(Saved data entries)
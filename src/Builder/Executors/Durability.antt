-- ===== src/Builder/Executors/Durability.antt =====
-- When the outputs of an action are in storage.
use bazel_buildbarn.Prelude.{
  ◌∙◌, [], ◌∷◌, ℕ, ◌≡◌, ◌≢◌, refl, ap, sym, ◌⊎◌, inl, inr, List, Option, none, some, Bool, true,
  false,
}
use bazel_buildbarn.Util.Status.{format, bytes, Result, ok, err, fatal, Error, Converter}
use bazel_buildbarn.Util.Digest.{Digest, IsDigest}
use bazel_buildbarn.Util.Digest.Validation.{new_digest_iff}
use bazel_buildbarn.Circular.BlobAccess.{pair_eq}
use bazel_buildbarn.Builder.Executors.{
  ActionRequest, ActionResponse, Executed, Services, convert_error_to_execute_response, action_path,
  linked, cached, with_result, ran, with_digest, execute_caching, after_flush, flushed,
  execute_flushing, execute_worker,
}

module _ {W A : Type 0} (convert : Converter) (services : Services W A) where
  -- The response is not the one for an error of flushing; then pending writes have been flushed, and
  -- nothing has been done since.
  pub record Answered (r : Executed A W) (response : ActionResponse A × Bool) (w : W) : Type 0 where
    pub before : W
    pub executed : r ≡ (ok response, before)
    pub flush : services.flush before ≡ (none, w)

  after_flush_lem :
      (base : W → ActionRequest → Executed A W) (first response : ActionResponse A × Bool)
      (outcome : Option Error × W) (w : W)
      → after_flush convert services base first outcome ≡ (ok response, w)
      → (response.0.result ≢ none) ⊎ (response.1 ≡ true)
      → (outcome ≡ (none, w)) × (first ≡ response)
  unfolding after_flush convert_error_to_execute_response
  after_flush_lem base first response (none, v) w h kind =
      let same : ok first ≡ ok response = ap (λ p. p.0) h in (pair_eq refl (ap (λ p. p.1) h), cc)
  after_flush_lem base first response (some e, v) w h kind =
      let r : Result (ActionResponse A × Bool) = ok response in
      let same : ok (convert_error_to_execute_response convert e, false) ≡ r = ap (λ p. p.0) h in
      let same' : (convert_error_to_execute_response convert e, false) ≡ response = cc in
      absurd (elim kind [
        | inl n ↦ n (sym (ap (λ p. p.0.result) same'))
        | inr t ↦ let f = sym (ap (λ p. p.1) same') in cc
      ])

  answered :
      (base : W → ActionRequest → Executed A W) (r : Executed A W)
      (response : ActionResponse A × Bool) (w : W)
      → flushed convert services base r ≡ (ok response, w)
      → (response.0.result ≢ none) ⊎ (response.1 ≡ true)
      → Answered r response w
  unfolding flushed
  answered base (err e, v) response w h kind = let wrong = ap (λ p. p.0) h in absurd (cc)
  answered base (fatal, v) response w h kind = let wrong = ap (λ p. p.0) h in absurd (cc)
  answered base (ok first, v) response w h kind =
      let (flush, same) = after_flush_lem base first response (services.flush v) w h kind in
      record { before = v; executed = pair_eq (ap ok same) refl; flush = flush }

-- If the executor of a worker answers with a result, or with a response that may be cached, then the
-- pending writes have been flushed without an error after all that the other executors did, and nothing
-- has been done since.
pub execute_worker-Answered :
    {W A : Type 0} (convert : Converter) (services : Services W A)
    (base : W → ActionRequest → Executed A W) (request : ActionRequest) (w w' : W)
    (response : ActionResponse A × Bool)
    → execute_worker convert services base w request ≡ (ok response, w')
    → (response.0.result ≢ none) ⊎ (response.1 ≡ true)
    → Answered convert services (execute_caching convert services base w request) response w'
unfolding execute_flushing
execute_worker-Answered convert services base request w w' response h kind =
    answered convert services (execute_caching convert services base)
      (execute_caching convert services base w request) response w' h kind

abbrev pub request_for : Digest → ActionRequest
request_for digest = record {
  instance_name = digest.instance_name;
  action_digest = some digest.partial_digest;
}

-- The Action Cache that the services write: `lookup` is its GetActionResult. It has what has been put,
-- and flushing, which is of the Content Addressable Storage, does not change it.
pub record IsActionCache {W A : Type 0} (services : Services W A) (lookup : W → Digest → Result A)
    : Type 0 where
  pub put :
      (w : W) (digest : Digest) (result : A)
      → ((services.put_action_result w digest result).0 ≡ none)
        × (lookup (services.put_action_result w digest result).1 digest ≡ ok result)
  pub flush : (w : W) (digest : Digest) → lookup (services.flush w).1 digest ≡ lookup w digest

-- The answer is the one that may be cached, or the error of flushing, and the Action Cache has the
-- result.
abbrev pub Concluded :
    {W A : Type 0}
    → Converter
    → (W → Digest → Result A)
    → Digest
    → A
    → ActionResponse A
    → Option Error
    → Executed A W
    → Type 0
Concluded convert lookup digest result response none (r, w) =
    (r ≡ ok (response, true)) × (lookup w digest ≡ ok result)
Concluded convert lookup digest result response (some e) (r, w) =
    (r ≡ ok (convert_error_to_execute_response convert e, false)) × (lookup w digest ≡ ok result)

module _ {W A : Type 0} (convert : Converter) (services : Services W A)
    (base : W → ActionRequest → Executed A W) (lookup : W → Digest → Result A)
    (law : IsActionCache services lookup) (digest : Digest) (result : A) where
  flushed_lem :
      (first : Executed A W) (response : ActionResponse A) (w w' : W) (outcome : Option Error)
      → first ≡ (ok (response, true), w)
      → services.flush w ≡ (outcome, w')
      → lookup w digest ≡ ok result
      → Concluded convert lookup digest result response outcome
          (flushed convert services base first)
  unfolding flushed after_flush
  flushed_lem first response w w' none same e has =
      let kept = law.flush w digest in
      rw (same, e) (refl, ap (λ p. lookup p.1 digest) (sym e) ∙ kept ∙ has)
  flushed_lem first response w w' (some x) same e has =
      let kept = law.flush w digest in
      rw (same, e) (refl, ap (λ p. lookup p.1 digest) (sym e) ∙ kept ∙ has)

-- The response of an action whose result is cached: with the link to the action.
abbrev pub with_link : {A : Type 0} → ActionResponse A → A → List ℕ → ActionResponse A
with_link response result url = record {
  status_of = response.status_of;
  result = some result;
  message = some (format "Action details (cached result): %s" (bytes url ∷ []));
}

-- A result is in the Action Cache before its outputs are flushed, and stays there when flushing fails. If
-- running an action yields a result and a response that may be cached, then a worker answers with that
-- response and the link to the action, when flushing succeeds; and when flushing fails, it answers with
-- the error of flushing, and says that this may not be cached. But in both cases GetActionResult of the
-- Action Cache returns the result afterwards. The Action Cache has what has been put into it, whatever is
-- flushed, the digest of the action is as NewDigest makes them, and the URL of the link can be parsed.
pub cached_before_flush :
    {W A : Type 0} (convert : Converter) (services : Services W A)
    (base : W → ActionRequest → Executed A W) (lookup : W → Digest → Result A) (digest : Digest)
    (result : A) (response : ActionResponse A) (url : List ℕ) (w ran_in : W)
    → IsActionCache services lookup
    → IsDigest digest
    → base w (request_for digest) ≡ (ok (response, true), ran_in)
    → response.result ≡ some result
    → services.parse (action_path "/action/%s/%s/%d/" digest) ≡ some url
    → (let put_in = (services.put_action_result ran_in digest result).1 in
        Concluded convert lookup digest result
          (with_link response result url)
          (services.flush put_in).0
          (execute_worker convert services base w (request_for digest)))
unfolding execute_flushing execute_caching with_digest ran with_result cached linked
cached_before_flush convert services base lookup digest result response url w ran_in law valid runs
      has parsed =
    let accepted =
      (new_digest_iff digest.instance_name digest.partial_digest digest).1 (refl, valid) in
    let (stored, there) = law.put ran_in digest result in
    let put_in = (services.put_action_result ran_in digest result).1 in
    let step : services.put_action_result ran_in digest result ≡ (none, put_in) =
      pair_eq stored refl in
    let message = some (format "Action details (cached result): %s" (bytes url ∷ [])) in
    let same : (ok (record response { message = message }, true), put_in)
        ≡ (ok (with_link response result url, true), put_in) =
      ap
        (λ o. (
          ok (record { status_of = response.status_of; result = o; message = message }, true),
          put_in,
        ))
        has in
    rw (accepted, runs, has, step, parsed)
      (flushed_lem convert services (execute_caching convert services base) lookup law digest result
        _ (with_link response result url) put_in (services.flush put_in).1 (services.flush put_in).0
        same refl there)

* * *

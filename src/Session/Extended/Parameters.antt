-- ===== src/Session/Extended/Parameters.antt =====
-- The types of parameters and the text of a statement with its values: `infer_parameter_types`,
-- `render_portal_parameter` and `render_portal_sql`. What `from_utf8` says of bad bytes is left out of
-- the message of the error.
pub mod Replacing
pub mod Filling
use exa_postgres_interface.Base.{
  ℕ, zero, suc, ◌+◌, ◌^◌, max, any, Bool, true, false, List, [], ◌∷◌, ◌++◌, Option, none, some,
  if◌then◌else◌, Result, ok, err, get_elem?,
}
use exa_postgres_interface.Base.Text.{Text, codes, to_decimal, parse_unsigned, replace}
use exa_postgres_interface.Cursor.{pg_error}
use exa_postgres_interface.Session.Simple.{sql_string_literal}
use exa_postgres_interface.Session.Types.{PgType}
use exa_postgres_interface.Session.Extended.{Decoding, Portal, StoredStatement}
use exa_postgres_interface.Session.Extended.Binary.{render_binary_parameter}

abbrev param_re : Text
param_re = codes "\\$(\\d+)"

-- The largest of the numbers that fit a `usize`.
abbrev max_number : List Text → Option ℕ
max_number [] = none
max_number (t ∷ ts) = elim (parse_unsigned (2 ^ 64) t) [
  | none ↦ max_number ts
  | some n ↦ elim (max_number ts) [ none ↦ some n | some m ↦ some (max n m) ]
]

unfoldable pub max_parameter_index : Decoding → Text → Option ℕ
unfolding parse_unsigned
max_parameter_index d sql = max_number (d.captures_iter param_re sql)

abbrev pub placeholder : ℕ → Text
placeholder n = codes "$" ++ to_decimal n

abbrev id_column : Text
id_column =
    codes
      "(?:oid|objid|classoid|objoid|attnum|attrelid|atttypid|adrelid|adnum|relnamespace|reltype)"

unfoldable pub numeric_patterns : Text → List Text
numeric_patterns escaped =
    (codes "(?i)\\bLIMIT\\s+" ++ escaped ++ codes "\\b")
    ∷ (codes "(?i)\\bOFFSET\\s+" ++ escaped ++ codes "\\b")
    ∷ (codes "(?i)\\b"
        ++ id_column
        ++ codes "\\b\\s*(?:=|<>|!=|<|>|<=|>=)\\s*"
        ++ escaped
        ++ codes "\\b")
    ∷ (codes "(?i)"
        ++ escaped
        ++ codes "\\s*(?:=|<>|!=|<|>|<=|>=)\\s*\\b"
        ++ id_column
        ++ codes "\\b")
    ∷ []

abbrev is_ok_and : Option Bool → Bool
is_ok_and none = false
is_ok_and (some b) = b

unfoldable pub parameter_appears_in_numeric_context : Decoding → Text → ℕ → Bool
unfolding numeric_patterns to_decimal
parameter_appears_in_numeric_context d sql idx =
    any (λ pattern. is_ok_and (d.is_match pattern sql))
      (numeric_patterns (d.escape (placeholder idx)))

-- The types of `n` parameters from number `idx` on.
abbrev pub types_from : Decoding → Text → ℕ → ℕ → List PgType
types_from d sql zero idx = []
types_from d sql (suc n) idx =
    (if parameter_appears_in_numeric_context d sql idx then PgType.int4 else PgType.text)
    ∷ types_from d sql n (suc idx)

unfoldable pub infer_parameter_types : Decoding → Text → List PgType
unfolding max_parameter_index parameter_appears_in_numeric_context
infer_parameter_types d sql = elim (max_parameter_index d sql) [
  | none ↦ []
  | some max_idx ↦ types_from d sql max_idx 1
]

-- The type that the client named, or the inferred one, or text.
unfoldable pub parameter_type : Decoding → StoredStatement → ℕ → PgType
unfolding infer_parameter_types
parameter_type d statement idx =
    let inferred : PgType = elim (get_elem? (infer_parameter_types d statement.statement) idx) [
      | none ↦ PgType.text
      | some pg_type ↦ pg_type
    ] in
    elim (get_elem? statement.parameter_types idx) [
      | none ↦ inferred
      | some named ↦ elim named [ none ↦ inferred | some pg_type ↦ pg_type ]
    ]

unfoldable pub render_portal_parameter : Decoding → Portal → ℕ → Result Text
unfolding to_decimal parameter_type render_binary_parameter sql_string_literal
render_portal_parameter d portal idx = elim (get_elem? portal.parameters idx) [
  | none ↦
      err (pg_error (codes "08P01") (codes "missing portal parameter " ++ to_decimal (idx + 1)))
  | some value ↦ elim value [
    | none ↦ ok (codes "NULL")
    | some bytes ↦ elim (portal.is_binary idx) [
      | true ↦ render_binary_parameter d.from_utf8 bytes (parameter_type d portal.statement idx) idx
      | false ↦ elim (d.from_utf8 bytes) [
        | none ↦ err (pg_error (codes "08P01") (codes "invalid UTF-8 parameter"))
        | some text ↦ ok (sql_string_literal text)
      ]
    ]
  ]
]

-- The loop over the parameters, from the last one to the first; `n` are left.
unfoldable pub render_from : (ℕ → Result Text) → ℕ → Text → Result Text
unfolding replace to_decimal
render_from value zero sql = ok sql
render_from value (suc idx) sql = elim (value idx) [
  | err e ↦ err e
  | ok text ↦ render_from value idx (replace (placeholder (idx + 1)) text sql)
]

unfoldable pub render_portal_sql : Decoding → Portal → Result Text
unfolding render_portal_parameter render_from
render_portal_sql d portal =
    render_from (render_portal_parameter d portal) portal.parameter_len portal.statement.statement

▶ **TASK DESCRIPTION**:
Lines with "wrong" in them are what the answer must contain; copy each from the records above.

▶ **ANSWER TO THE EXERCISE**:
  answered base (err e, v) response w h kind = let wrong = ap (λ p. p.0) h in absurd (cc)
  answered base (fatal, v) response w h kind = let wrong = ap (λ p. p.0) h in absurd (cc)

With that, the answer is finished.